== TASK DIRECTIONS ==
Scan the entries below. Return every line that includes "List".

Stored items

'''

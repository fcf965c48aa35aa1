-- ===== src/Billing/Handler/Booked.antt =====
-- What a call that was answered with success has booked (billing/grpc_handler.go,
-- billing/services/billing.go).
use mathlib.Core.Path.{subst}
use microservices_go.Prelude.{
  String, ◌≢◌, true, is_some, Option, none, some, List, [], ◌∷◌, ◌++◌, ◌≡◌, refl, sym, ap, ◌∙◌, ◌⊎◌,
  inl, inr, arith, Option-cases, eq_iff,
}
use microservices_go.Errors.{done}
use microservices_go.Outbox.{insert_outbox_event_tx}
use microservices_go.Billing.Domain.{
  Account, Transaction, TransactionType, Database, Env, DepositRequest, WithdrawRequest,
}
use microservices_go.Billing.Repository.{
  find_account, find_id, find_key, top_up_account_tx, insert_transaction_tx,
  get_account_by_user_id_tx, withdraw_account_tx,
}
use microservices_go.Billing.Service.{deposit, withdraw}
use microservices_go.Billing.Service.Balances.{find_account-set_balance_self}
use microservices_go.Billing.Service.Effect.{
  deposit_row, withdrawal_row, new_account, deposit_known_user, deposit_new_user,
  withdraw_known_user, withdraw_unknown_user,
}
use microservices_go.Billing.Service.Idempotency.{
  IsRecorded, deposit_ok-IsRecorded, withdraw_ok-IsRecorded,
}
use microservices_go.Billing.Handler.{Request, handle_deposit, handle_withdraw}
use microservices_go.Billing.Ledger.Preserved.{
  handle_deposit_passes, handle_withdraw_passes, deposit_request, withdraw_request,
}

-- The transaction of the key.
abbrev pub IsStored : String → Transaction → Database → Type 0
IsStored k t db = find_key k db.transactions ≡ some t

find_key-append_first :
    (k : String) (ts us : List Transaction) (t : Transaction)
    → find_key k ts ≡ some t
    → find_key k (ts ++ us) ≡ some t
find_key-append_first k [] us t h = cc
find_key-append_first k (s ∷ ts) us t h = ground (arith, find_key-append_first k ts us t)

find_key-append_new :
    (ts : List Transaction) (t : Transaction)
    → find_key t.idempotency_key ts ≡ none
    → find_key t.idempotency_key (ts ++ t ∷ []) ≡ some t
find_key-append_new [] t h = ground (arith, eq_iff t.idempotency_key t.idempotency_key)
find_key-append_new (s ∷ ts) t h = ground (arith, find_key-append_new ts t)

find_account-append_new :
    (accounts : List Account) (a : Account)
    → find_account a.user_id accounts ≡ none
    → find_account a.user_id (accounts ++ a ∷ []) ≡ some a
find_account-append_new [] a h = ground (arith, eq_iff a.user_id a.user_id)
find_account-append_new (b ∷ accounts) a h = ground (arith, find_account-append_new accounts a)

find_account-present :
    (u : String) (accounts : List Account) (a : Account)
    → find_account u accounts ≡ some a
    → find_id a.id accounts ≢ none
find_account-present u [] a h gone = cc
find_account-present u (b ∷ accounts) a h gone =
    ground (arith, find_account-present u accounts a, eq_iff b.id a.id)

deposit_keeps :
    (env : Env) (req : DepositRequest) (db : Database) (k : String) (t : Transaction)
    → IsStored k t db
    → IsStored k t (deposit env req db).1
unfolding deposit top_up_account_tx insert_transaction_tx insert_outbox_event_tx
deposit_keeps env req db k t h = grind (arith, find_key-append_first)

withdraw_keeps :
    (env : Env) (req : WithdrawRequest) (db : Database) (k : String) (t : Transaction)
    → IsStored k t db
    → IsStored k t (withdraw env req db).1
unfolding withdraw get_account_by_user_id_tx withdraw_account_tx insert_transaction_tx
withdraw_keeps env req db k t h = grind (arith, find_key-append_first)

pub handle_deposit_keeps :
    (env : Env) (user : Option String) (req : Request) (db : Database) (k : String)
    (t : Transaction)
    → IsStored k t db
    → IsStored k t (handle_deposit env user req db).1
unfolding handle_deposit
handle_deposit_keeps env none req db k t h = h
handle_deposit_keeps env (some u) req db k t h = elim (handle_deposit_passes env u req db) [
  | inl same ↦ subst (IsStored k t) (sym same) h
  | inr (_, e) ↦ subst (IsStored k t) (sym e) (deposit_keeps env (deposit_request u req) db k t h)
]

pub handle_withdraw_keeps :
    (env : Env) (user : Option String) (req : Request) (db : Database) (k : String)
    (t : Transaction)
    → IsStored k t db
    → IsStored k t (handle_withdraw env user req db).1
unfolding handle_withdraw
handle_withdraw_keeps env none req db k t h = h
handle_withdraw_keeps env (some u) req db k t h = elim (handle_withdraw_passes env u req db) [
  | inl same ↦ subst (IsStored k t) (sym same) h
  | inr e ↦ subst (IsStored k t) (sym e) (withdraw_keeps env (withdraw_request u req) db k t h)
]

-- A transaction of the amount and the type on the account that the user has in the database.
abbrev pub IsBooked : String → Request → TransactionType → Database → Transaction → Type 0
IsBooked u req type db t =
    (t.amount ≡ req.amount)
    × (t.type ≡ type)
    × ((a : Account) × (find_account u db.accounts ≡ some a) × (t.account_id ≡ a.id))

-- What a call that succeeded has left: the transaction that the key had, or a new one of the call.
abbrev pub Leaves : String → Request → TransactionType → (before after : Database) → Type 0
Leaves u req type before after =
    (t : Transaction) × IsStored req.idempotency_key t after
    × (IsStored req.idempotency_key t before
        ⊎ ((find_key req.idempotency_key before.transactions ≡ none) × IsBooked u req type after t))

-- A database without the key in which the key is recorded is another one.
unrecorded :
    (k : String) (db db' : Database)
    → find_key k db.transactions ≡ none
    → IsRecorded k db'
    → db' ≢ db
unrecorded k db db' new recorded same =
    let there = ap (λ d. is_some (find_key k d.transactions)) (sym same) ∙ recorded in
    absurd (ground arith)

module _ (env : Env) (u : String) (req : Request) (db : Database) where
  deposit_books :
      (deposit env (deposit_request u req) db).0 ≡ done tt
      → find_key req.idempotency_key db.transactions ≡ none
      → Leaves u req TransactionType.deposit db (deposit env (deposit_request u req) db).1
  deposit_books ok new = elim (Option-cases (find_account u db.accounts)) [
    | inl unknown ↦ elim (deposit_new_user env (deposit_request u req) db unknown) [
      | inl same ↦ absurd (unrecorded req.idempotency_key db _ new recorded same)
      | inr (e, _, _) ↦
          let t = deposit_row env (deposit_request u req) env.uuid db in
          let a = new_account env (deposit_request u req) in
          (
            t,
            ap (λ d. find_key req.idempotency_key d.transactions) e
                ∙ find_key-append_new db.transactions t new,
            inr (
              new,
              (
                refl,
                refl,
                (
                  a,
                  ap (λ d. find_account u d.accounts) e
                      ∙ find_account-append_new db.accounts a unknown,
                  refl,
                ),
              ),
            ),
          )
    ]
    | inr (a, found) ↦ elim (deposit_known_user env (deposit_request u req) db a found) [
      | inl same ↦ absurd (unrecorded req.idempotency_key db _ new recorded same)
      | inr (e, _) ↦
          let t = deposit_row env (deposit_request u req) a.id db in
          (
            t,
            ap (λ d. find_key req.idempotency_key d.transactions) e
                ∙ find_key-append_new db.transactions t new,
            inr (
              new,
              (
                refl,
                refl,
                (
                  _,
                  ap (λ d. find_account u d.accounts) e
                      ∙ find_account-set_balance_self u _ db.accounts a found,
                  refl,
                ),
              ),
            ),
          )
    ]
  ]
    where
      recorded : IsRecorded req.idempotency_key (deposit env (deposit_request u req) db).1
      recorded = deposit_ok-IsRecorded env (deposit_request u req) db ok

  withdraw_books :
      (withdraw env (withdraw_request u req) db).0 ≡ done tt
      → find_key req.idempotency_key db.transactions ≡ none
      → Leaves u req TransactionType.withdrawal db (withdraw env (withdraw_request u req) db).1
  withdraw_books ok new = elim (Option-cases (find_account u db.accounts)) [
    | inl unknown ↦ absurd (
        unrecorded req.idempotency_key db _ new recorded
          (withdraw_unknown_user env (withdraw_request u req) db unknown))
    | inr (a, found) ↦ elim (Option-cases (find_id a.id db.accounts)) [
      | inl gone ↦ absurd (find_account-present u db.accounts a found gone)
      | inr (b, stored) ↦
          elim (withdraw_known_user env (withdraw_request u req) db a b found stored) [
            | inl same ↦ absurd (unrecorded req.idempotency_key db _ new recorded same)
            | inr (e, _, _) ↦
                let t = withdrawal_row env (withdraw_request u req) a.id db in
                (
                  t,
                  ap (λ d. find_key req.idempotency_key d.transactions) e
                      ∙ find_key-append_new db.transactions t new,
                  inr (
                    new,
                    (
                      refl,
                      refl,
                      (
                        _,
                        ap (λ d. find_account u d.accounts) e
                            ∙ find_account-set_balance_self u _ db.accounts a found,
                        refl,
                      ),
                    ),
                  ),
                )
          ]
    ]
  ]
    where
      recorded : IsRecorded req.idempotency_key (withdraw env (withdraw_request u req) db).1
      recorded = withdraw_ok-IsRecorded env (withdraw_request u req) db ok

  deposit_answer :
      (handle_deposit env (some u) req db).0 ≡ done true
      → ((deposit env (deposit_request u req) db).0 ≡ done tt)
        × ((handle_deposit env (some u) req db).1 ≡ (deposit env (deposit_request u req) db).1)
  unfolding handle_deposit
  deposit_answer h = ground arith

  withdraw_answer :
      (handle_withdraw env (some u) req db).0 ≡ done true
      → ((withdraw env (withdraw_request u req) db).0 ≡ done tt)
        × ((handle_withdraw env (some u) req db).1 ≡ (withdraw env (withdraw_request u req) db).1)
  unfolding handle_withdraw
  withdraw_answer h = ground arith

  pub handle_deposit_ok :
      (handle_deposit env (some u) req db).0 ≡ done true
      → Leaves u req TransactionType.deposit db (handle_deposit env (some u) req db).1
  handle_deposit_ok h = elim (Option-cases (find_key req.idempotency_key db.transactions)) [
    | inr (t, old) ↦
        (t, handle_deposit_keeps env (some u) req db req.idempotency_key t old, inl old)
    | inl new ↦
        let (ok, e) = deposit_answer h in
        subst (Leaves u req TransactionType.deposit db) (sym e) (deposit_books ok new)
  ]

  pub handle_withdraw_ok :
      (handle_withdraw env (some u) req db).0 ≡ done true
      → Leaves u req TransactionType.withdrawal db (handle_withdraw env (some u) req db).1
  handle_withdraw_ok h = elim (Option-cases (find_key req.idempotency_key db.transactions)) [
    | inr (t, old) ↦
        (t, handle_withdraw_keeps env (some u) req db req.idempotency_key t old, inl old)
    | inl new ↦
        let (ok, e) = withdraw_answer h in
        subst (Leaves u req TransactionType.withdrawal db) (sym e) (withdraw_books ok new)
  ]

'''

== RESPONSE AREA ==
  String, ◌≢◌, true, is_some, Option, none, some, List, [], ◌∷◌, ◌++◌, ◌≡◌, refl, sym, ap, ◌∙◌, ◌⊎◌,
    (k : String) (ts us : List Transaction) (t : Transaction)
    (ts : List Transaction) (t : Transaction)
    (accounts : List Account) (a : Account)
    (u : String) (accounts : List Account) (a : Account)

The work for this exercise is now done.